> **Task details**:
Output, without alteration, the first line of the entries and each line after it, stopping with the line that contains "-- A line that".

> **Record excerpts**:
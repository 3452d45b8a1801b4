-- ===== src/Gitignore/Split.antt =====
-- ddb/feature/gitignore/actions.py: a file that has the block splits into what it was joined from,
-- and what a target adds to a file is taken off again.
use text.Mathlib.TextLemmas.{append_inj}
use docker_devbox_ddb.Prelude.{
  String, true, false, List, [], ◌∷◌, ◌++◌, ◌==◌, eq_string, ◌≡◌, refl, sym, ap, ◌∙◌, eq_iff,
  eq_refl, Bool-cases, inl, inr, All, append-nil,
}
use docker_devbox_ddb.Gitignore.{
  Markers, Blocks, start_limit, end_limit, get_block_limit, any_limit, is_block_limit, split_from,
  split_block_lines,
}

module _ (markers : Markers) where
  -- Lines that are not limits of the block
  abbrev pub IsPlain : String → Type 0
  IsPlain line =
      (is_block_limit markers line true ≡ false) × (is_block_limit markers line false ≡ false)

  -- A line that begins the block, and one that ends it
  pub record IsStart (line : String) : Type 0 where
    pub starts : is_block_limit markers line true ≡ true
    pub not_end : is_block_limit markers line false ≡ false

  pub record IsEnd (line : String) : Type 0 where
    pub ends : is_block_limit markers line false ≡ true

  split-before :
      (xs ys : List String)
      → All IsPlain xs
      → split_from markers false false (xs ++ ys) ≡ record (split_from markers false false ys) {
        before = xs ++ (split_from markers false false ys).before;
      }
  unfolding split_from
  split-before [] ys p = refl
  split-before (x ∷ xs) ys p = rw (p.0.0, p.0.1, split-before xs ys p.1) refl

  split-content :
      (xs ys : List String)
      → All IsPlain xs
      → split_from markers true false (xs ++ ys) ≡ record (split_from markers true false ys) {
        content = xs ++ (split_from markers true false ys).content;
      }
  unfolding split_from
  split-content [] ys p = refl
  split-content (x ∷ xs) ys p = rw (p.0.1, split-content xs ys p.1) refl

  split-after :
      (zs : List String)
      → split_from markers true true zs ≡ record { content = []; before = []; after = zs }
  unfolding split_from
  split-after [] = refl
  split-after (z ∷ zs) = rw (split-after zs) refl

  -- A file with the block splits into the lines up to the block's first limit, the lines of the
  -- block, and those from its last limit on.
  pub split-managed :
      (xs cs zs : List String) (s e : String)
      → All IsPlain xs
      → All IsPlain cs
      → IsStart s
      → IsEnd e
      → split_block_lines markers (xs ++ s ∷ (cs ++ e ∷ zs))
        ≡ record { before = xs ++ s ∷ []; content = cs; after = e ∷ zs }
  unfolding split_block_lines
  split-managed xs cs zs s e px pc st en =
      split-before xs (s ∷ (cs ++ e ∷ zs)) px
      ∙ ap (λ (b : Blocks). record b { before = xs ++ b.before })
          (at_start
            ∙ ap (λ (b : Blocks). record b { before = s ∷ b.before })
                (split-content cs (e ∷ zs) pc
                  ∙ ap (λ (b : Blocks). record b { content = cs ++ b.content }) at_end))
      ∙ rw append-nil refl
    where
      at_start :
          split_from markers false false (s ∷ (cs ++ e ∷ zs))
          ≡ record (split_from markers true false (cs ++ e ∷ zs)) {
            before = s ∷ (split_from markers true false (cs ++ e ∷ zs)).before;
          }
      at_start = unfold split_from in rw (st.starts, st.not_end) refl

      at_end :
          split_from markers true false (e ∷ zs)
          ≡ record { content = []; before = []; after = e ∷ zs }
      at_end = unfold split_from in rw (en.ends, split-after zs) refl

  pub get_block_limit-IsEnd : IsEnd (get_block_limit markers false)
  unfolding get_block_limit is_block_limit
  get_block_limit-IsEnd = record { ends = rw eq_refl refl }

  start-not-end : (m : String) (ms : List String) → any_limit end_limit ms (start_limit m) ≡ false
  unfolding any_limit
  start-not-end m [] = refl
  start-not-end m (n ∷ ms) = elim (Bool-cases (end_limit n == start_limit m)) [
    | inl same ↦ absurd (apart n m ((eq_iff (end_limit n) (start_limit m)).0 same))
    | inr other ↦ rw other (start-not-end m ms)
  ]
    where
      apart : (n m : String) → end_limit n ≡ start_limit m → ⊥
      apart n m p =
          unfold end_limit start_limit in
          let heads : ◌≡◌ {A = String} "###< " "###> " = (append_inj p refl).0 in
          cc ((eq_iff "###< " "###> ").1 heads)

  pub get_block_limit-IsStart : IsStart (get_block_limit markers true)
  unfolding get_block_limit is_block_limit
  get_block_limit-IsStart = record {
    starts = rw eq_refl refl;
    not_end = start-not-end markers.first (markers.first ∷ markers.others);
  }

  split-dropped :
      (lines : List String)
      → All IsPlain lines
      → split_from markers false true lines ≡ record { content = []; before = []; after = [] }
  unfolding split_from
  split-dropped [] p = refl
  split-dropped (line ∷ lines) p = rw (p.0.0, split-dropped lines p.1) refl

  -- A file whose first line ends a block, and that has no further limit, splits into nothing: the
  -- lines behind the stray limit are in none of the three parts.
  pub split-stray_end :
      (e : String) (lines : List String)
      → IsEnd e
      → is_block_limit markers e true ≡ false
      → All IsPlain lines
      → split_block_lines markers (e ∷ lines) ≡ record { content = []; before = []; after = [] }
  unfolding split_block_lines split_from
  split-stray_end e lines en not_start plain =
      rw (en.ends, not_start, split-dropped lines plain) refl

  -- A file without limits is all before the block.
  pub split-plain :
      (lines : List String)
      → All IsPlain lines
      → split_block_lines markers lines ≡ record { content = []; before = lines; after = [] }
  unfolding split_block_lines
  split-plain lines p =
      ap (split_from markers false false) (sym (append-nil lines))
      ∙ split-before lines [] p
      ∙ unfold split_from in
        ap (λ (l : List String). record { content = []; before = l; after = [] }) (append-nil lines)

> **Answer section**:
repository 3452d45b8a1801b4
-- ===== src/Gitignore/Split.antt =====
-- ddb/feature/gitignore/actions.py: a file that has the block splits into what it was joined from,
-- and what a target adds to a file is taken off again.
use text.Mathlib.TextLemmas.{append_inj}
use docker_devbox_ddb.Prelude.{
  String, true, false, List, [], ◌∷◌, ◌++◌, ◌==◌, eq_string, ◌≡◌, refl, sym, ap, ◌∙◌, eq_iff,
  eq_refl, Bool-cases, inl, inr, All, append-nil,
}
use docker_devbox_ddb.Gitignore.{
  Markers, Blocks, start_limit, end_limit, get_block_limit, any_limit, is_block_limit, split_from,
  split_block_lines,
}

module _ (markers : Markers) where
  -- Lines that are not limits of the block
  abbrev pub IsPlain : String → Type 0
  IsPlain line =
      (is_block_limit markers line true ≡ false) × (is_block_limit markers line false ≡ false)

  -- A line that begins the block, and one that ends it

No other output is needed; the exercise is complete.